Polyps have the capability to reproduce asexually by budding, whilst Medusae spawn sperms and eggs and reproduce sexually.

In Medusa, the eggs are fertilized internally. When they are released by the female, they are already fertilized by the sperms of the male Medusa.

Once released, the fertilized eggs continue to develop inside water. The cell divides several times inside the egg to form an embryo. This embryo develops into a tiny flattened creature which is known as ‘Planula’.

The Planula is covered completely with thin hair-like cilia that beat rapidly and help it to flow with the ocean current for some time till it is all set for the next stage.

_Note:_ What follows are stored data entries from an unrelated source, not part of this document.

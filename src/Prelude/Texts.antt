-- ===== src/Prelude/Texts.antt =====
-- Prefixes of texts, as `strings.HasPrefix` and a slice take them off, decimal digits, and
-- `strings.Split` at commas.
use Prim.Native.Nat.{ℕ, ◌+◌, ◌-◌, ◌*◌}
use Prim.Native.Char.{Char, code}
use Prim.Native.String.{String, ◌++◌}
use mathlib.Core.Path.{◌≡◌, refl}
use mathlib.Core.Bool.{true, ◌&&◌}
use mathlib.Core.Option.{Option, none, some}
use mathlib.Core.List.{List, [], ◌∷◌}
use native.Mathlib.Omega.{arith}
use text.Mathlib.TextLemmas.{nil-append, cons-append}
use coggo.Prelude.Tests.{leb, eqb, if◌then◌else◌}

-- what follows the prefix; `none` where the text does not begin with it
unfoldable pub cut_prefix : String → String → Option String
cut_prefix String.[] s = some s
cut_prefix (String.◌∷◌ p ps) String.[] = none
cut_prefix (String.◌∷◌ p ps) (String.◌∷◌ c s) =
    let rest = cut_prefix ps s in if eqb (code p) (code c) then rest else none

pub cut_prefix-append : (p s : String) → cut_prefix p (p ++ s) ≡ some s
unfolding cut_prefix
cut_prefix-append String.[] s = rw (nil-append s) refl
cut_prefix-append (String.◌∷◌ c p) s =
    let found : eqb (code c) (code c) ≡ true = ground arith in
    rw (cons-append c p s, found) (cut_prefix-append p s)

-- `none` where a character is no digit
unfoldable pub read_digits : ℕ → String → Option ℕ
read_digits n String.[] = some n
read_digits n (String.◌∷◌ c s) =
    let rest = read_digits (n * 10 + (code c - 48)) s in
    if leb 48 (code c) && leb (code c) 57 then rest else none

-- a character in front of the first piece
abbrev pub onto_first : Char → List String → List String
onto_first c [] = String.◌∷◌ c "" ∷ []
onto_first c (piece ∷ pieces) = String.◌∷◌ c piece ∷ pieces

-- the pieces between the commas
unfoldable pub split_commas : String → List String
split_commas String.[] = "" ∷ []
split_commas (String.◌∷◌ c s) =
    let rest = split_commas s in if eqb (code c) 44 then "" ∷ rest else onto_first c rest
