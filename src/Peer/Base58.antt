-- ===== src/Peer/Base58.antt =====
-- `base58Encode` and `base58Decode` of internal/peer/did.go. Bytes are numbers below 256, a
-- `big.Int` is a number, and `set_bytes` and `bytes` are its methods `SetBytes` and `Bytes`.
pub mod Bytes
pub mod Laws
use Prim.Native.Char.{Char, code}
use coggo.Prelude.{
  ℕ, zero, suc, ◌+◌, ◌*◌, ◌/◌, ◌%◌, String, Bool, true, false, Option, none, some, List, [], ◌∷◌,
  ◌++◌, eqb, if◌then◌else◌,
}
use coggo.Prelude.Result.{Result, ok, err, message}

abbrev pub base58_alphabet : String
base58_alphabet = "123456789ABCDEFGHJKLMNPQRSTUVWXYZabcdefghijkmnopqrstuvwxyz"

-- `base58Alphabet[i]`; `none` is an index out of range
unfoldable pub symbol_at : ℕ → String → Option Char
symbol_at i String.[] = none
symbol_at zero (String.◌∷◌ c s) = some c
symbol_at (suc i) (String.◌∷◌ c s) = symbol_at i s

abbrev pub one_further : Option ℕ → Option ℕ
one_further none = none
one_further (some i) = some (suc i)

-- `strings.IndexByte`
unfoldable pub index_byte : String → ℕ → Option ℕ
index_byte String.[] k = none
index_byte (String.◌∷◌ c s) k =
    let later = one_further (index_byte s k) in if eqb (code c) k then some 0 else later

-- how many zero bytes lead
unfoldable pub leading_zeros : List ℕ → ℕ
leading_zeros [] = 0
leading_zeros (zero ∷ bs) = suc (leading_zeros bs)
leading_zeros (suc b ∷ bs) = 0

-- how many times the digit zero, `1`, leads
unfoldable pub leading_ones : String → ℕ
leading_ones String.[] = 0
leading_ones (String.◌∷◌ c s) =
    let rest = suc (leading_ones s) in if eqb (code c) 49 then rest else 0

unfoldable pub set_bytes : ℕ → List ℕ → ℕ
set_bytes x [] = x
set_bytes x (b ∷ bs) = set_bytes (x * 256 + b) bs

-- The least number of bytes, the highest first. A number is its own bound on the rounds.
unfoldable pub bytes_loop : ℕ → ℕ → List ℕ → List ℕ
bytes_loop zero x out = out
bytes_loop (suc rounds) x out = elim (eqb x 0) [
  | true ↦ out
  | false ↦ bytes_loop rounds (x / 256) (x % 256 ∷ out)
]

abbrev pub bytes : ℕ → List ℕ
bytes x = bytes_loop x x []

-- `for x.Sign() > 0`. The source appends each symbol and turns the text round after the loop.
-- `none` where the rounds run out before the loop ends, or the index is out of range.
unfoldable pub encode_loop : ℕ → ℕ → String → Option String
encode_loop zero x out = none
encode_loop (suc rounds) x out = elim (eqb x 0) [
  | true ↦ some out
  | false ↦ elim (symbol_at (x % 58) base58_alphabet) [
    | none ↦ none
    | some c ↦ encode_loop rounds (x / 58) (String.◌∷◌ c out)
  ]
]

-- `strings.Repeat("1", n) + s`
unfoldable pub after_ones : ℕ → String → String
after_ones zero s = s
after_ones (suc n) s = String.◌∷◌ "1" (after_ones n s)

abbrev pub led_by : ℕ → Option String → Option String
led_by n none = none
led_by n (some s) = some (after_ones n s)

unfoldable pub base58_encode : List ℕ → Option String
base58_encode input =
    let x = set_bytes 0 input in led_by (leading_zeros input) (encode_loop (suc x) x "")

-- The loop over the whole text; the byte that the error names is left out.
unfoldable pub decode_loop : ℕ → String → Result ℕ
decode_loop x String.[] = ok x
decode_loop x (String.◌∷◌ c s) = elim (index_byte base58_alphabet (code c)) [
  | none ↦ err (message "invalid base58 character")
  | some d ↦ decode_loop (x * 58 + d) s
]

-- `out[zeros:]` holds the bytes, and what goes before them is zero.
unfoldable pub zeros_then : ℕ → List ℕ → List ℕ
zeros_then zero bs = bs
zeros_then (suc n) bs = 0 ∷ zeros_then n bs

abbrev pub padded : ℕ → Result ℕ → Result (List ℕ)
padded n (err e) = err e
padded n (ok x) = ok (zeros_then n (bytes x))

unfoldable pub base58_decode : String → Result (List ℕ)
base58_decode s = padded (leading_ones s) (decode_loop 0 s)
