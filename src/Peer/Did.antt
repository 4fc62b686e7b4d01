-- ===== src/Peer/Did.antt =====
-- internal/peer/did.go: did:key identities. `ed25519.GenerateKey` is a parameter, the keys that it
-- gives; `none` where the random source fails.
pub mod Laws
use Prim.Native.String.{◌++◌}
use coggo.Prelude.{
  ℕ, zero, suc, String, ◌==◌, Bool, true, false, Option, none, some, List, [], ◌∷◌, length, eqb,
  ltb, if◌then◌else◌,
}
use coggo.Prelude.Texts.{cut_prefix}
use coggo.Prelude.Result.{Result, ok, err, message, wrap, context, ◌>>=◌}
use coggo.Types.{Peer, PeerSettings, zero_time}
use coggo.Peer.Base58.{base58_encode, base58_decode}

pub record Keys : Type 0 where
  pub public : List ℕ
  pub private : List ℕ

pub record Identity : Type 0 where
  pub did : String
  pub keys : Keys

abbrev pub did_key_prefix : String
did_key_prefix = "did:key:"

-- `ed25519.PublicKeySize`
abbrev pub public_key_size : ℕ
public_key_size = 32

-- the two bytes of `ed25519MulticodecPrefix`, before the key
abbrev pub multicodec : List ℕ → List ℕ
multicodec pub_key = 237 ∷ 1 ∷ pub_key

abbrev pub identified : Keys → Option String → Option (Result Identity)
identified keys none = none
identified keys (some body) =
    some (ok (record { did = did_key_prefix ++ "z" ++ body; keys = keys }))

-- `none` where `base58Encode` does not return.
unfoldable pub new_did : Option Keys → Option (Result Identity)
new_did none = some (err (wrap "ed25519" (message "random source")))
new_did (some keys) = identified keys (base58_encode (multicodec keys.public))

abbrev pub sized : List ℕ → Result (List ℕ)
sized key =
    if eqb (length key) public_key_size
    then ok key
    else err (message "did:key: expected 32-byte ed25519 pubkey")

abbrev pub without_multicodec : List ℕ → Result (List ℕ)
without_multicodec (a ∷ b ∷ key) =
    if eqb a 237
    then if eqb b 1 then sized key else err (message "did:key: not an ed25519-pub multicodec")
    else err (message "did:key: not an ed25519-pub multicodec")
without_multicodec _ = err (message "did:key: payload too short")

abbrev pub unpacked : List ℕ → Result (List ℕ)
unpacked raw =
    if ltb (length raw) 34
    then err (message "did:key: payload too short")
    else without_multicodec raw

-- the text after `did:key:`
abbrev pub decode_multibase : Option String → Result (List ℕ)
decode_multibase none = err (message "not a did:key")
decode_multibase (some body) = elim (cut_prefix "z" body) [
  | none ↦ err (message "did:key: only multibase base58btc ('z') supported")
  | some text ↦ context "did:key: base58" (base58_decode text) >>= unpacked
]

unfoldable pub decode_public_key : String → Result (List ℕ)
unfolding cut_prefix
decode_public_key did = decode_multibase (cut_prefix did_key_prefix did)

abbrev pub default_settings : PeerSettings
default_settings = record {
  default_clarification_threshold = "ask_when_ambiguous";
  briefing_frequency = "on_demand";
  briefing_time = "";
  capture_confirmation = "log_and_tell";
}

abbrev pub peer_with : String → String → Identity → Peer
peer_with name description identity = record {
  did = identity.did;
  name = name;
  description = description;
  private_key = identity.keys.private;
  public_key = identity.keys.public;
  created_at = zero_time;
  settings = default_settings;
}

abbrev pub made_peer : String → String → Option (Result Identity) → Option (Result Peer)
made_peer name description none = none
made_peer name description (some (err e)) = some (err e)
made_peer name description (some (ok identity)) = some (ok (peer_with name description identity))

unfoldable pub new_peer : Option Keys → String → String → Option (Result Peer)
unfolding new_did
new_peer generated name description = made_peer name description (new_did generated)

This tiny haired Planula swims without purpose and settles down finally on a rock or a solid surface that is suitable for it to attach itself. When attached the Planula undergoes two major stages.

 

Types of Jellyfish

Jellyfish are classified in the Cnidaria phylum. There are about 4,000 species of Jellyfish and these are mainly divided into four different groups.

Scyphozoa

These are the most common Jellyfish that we see in the sea in abundance. There are as many as 200 species of only this type. They are big and colorful and also interact with humans.

Being common it is also sometimes called a “True Jellyfish”. Scyphozoa Jellyfish spend most of their life in the Medusa form.

Hydrozoa

These aren’t very commonly found. They spend very little time in the Medusa form whereas the Polyp form results in the formation of large colonies.

Cubozoa

These are also known as Box Jellyfish because of their bells that look like boxes. There are some varieties of Cubozoan Jellyfish which are highly venomous.

These species have a well developed nervous system compared to other species of Jellyfish.these have complex retina and eyes. The cubozoa Jellyfish engage themselves in very elaborate courtship behavior.

Sturozoa

This species of Jellyfish do not float in water but remained attached to seaweed or rocks throughout their life. They are usually found in cold water and are shaped like a trumpet. They display the utmost beauty and camouflaging techniques.

 

Jellyfish feeding Adaptations

Tentacles of the Jellyfish have specialized cells that help them capture the prey. Jellyfish have nematocysts that are organelles found within the special cells. These special cells contain venom bearing harpoons.

When the jellyfish is touched or there is some chemical cue, the harpoon shoots out the venom and spear the prey or enemy. The toxin is released within 700 nanoseconds.

Some Jellyfish are toxic for humans too, such as the Box Jellyfish or Irukandji Jellyfish. They can be highly dangerous; causing severe reactions or even death.

 

Related Questions

Are Jellyfish Immortal? Yes, there are some species of Jellyfish that are immortal. Turritopsis dohrnii is a Jellyfish that can cheat death by reversing its life cycle.

When crisis strikes the gelatinous blobs revert to their juvenile state very easily. They live the Polyp stage again; start budding, form medusa, and so on. It is a never-ending process and the cycle goes on and on forever.

 

Are Jellyfish Bioluminescent? Yes, there are many Jellyfish that have the ability to glow or produce light (bioluminescence).

The protein in the tissues of the Jellyfish undergoes a chemical reaction from time to time to produce green or blue light in response to a stimuli.

It is a defense mechanism of the Jellyfish to keep their predators away from them. Bright light can startle a big predator much easily.

 

How do jellyfish Camouflage themselves? To camouflage, Jellyfish adapt their body color according to the water, depth, and darkness. Jellyfish is mostly colorless or transparent so that it can’t be spotted by the predators.

Some Jellyfish are red in color because red color blends well in dark water that can be found in a depth of about 200 meters. Also, red is much easier for the creatures to produce.

 

How do Jellyfish move in water? Jellyfish use their tentacles to swim in the water. The bouncing movement is seen because of the jet propulsion that Jellyfish use to move from one place to another in water.

Jellyfish squeeze their bodies so that the squeeze pushes out water from the bottom of the Jellyfish and their body is propelled forward in the required direction.